When I set up my JVM, I use a call to getMaxHeapAvailable(), then set my heap space accordingly (-Xmxm) - works great for workstations with less RAM available, without having to penalize users with large amounts of RAM.
bool canAllocate(DWORD bytes)
{
LPVOID lpvBase;
lpvBase = VirtualAlloc(NULL, bytes, MEM_RESERVE, PAGE_READWRITE);
if (lpvBase == NULL) return false;
VirtualFree(lpvBase, 0, MEM_RELEASE);
return true;
}
int getMaxHeapAvailable(int permGenMB, int maxHeapMB)
{
DWORD originalMaxHeapBytes = 0;
DWORD maxHeapBytes = 0;
int numMemChunks = 0;
SYSTEM_INFO sSysInfo;
DWORD maxPermBytes = permGenMB * NUM_BYTES_PER_MB; // Perm space is in addition to the heap size
DWORD numBytesNeeded = 0;
GetSystemInfo(&sSysInfo);
// jvm aligns as follows:
// quoted from size_t GenCollectorPolicy::compute_max_alignment() of jdk 7 hotspot code:
// The card marking array and the offset arrays for old generations are
// committed in os pages as well. Make sure they are entirely full (to
// avoid partial page problems), e.g. if 512 bytes heap corresponds to 1
// byte entry and the os page size is 4096, the maximum heap size should
// be 512*4096 = 2MB aligned.
// card_size computation from CardTableModRefBS::SomePublicConstants of jdk 7 hotspot code
int card_shift = 9;
int card_size = 1 << card_shift;
DWORD alignmentBytes = sSysInfo.dwPageSize * card_size;
maxHeapBytes = maxHeapMB * NUM_BYTES_PER_MB;
// make it fit in the alignment structure
maxHeapBytes = maxHeapBytes + (maxHeapBytes % alignmentBytes);
numMemChunks = maxHeapBytes / alignmentBytes;
originalMaxHeapBytes = maxHeapBytes;
// loop and decrement requested amount by one chunk
// until the available amount is found
numBytesNeeded = maxHeapBytes + maxPermBytes;
while (!canAllocate(numBytesNeeded + 50*NUM_BYTES_PER_MB) && numMemChunks > 0) // 50 is an overhead fudge factory per https://forums.oracle.com/forums/thread.jspa?messageID=6463655 (they had 28, I'm bumping it 'just in case')
{
numMemChunks --;
maxHeapBytes = numMemChunks * alignmentBytes;
numBytesNeeded = maxHeapBytes + maxPermBytes;
}
if (numMemChunks == 0) return 0;
// we can allocate the requested size, return it now
if (maxHeapBytes == originalMaxHeapBytes) return maxHeapMB;
// calculate the new MaxHeapSize in megabytes
return maxHeapBytes / NUM_BYTES_PER_MB;
}
I had the same problem described by "the klaus" and read "http://support.microsoft.com/kb/126962". Changed the registry as described in the mentioned article.
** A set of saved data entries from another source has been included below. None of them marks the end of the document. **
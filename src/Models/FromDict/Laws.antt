-- ===== src/Models/FromDict/Laws.antt =====
-- Reading the policies back, and the bounds of what is accepted.
use nighwatch.Common.{
  ℕ, zero, suc, ◌≤◌, String, false, Option, none, some, ◌≡◌, ◌≢◌, ◌⊎◌, refl, arith, ok,
  Result-cases, inl, inr, eq_iff, Bool, ◌>>=◌, Result, Option-cases,
}
use nighwatch.Python.Int.{ℤ, pos, negsuc}
use nighwatch.Python.Json.{Json, null, bool, int, float, str, arr, tup, obj, Fields, fields}
use nighwatch.Python.Runtime.{Runtime}
use nighwatch.Python.Str.{strip}
use nighwatch.Models.Policy.{ActionPolicy, ActiveTestingPolicy}
use nighwatch.Models.Config.{actions_dict}
use nighwatch.Models.FromDict.{
  get, strict_bool, within, checked_within, int_or, dict_or_empty, action_policy_from_dict,
  kill_switch_path, active_testing_from_dict, ModelError,
}

-- An action policy is read back from its dictionary.
pub action_policy-actions_dict :
    (R : Runtime) (p : ActionPolicy) → action_policy_from_dict R (actions_dict p) ≡ ok p
unfolding action_policy_from_dict actions_dict fields get strict_bool dict_or_empty
action_policy-actions_dict R p = refl

pub within_bounds : (bound m : ℕ) (n : ℤ) → within bound n ≡ some m → (1 ≤ m) × (m ≤ bound)
unfolding within
within_bounds bound m (pos zero) e = ground (arith, e)
within_bounds bound m (pos (suc n)) e = ground (arith, e)
within_bounds bound m (negsuc n) e = ground (arith, e)

module _ (R : Runtime) where
  kill_switch_path_strips :
      (v : Option (Json R.Float)) (path : Option String)
      → kill_switch_path R v ≡ ok path
      → (path ≡ none) ⊎ ((s : String) × (path ≡ some (strip s)) × (strip s ≢ ""))
  unfolding kill_switch_path
  kill_switch_path_strips none path e = inl (ground (arith, e))
  kill_switch_path_strips (some null) path e = inl (ground (arith, e))
  kill_switch_path_strips (some (str s)) path e =
      inr (s, ground (arith, e), λ q. ground (arith, e, (eq_iff (strip s) "").1 q))
  kill_switch_path_strips (some (bool b)) path e = ground (arith, e)
  kill_switch_path_strips (some (int n)) path e = ground (arith, e)
  kill_switch_path_strips (some (float x)) path e = ground (arith, e)
  kill_switch_path_strips (some (arr vs)) path e = ground (arith, e)
  kill_switch_path_strips (some (tup vs)) path e = ground (arith, e)
  kill_switch_path_strips (some (obj fs)) path e = ground (arith, e)

  checked_bounds :
      (bound : ℕ) (message : String) (n : ℤ) (m : ℕ)
      → checked_within bound message n ≡ ok m
      → (1 ≤ m) × (m ≤ bound)
  checked_bounds bound message n m e = elim (Option-cases (within bound n)) [
    | inl p ↦ ground (arith, e, p)
    | inr (k, p) ↦
        let same : k ≡ m = ground (arith, e, p) in
        let bounds = within_bounds bound k n p in ground (arith, same, bounds)
  ]

  abbrev invalid : String
  invalid = "active_testing limits contain an invalid numeric value"

  -- `active_testing_from_dict` after the numbers are read.
  abbrev check_limits : Fields R.Float → Bool → ℤ → ℤ → Result ModelError ActiveTestingPolicy
  check_limits raw enabled payload cases = do
    max_payload_bytes ←
        checked_within 1048576 "active_testing.max_payload_bytes must be between 1 and 1048576"
          payload
    max_cases ← checked_within 10000 "active_testing.max_cases must be between 1 and 10000" cases
    path ← kill_switch_path R (get raw "kill_switch_file")
    ok (record {
      enabled = enabled;
      max_payload_bytes = max_payload_bytes;
      max_cases = max_cases;
      kill_switch_file = path;
    })

  -- The bounds of a policy.
  abbrev pub IsBounded : ActiveTestingPolicy → Type 0
  IsBounded p =
      (1 ≤ p.max_payload_bytes)
      × (p.max_payload_bytes ≤ 1048576)
      × (1 ≤ p.max_cases)
      × (p.max_cases ≤ 10000)
      × ((p.kill_switch_file ≡ none)
          ⊎ ((s : String) × (p.kill_switch_file ≡ some (strip s)) × (strip s ≢ "")))

  check_limits-IsBounded :
      (raw : Fields R.Float) (enabled : Bool) (payload cases : ℤ) (p : ActiveTestingPolicy)
      → check_limits raw enabled payload cases ≡ ok p
      → IsBounded p
  check_limits-IsBounded raw enabled payload cases p e =
      elim (Result-cases (
        checked_within 1048576 "active_testing.max_payload_bytes must be between 1 and 1048576"
          payload)) [
            | inr (x, q) ↦ ground (arith, e, q)
            | inl (m, q) ↦
                elim (Result-cases (
                  checked_within 10000 "active_testing.max_cases must be between 1 and 10000"
                    cases)) [
                      | inr (x, t) ↦ ground (arith, e, q, t)
                      | inl (n, t) ↦
                          elim (Result-cases (kill_switch_path R (get raw "kill_switch_file"))) [
                            | inr (x, u) ↦ ground (arith, e, q, t, u)
                            | inl (path, u) ↦
                                let a = checked_bounds 1048576 _ payload m q in
                                let b = checked_bounds 10000 _ cases n t in
                                let same_path : p.kill_switch_file ≡ path =
                                  ground (arith, e, q, t, u) in
                                (
                                  ground (arith, e, q, t, u, a),
                                  ground (arith, e, q, t, u, a),
                                  ground (arith, e, q, t, u, b),
                                  ground (arith, e, q, t, u, b),
                                  rw same_path
                                      (kill_switch_path_strips (get raw "kill_switch_file") path u),
                                )
                          ]
                    ]
          ]

  -- An active-testing policy that is accepted bounds a payload by 1 to 1048576 bytes and a run by
  -- 1 to 10000 cases, and its kill-switch file is absent or a stripped text that is not empty.
  pub active_testing_from_dict-IsBounded :
      (value : Json R.Float) (p : ActiveTestingPolicy)
      → active_testing_from_dict R value ≡ ok p
      → IsBounded p
  unfolding active_testing_from_dict
  active_testing_from_dict-IsBounded value p e = elim (Result-cases (dict_or_empty R value)) [
    | inr (x, q0) ↦ ground (arith, e, q0)
    | inl (raw, q0) ↦
        elim (Result-cases (strict_bool (get raw "enabled") "active_testing.enabled" false)) [
          | inr (x, q1) ↦ ground (arith, e, q0, q1)
          | inl (enabled, q1) ↦
              elim (Result-cases (int_or R invalid 8192 (get raw "max_payload_bytes"))) [
                | inr (x, q2) ↦ ground (arith, e, q0, q1, q2)
                | inl (payload, q2) ↦
                    elim (Result-cases (int_or R invalid 25 (get raw "max_cases"))) [
                      | inr (x, q3) ↦ ground (arith, e, q0, q1, q2, q3)
                      | inl (cases, q3) ↦
                          check_limits-IsBounded raw enabled payload cases p
                            (ground (arith, e, q0, q1, q2, q3))
                    ]
              ]
        ]
  ]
I exagerated my change to : "%SystemRoot%\system32\csrss.exe ObjectDirectory=\Windows SharedSection=3072,3072,3072 Windows=On SubSystemType=Windows ServerDll=basesrv,1 ServerDll=winsrv:UserServerDllInitialization,3 ServerDll=winsrv:ConServerDllInitialization,2 ProfileControl=Off MaxRequestThreads=16"
The field to look at is "SharedSection=3072,3072,3072". It solved my problem, but I may have side-effects because of this change.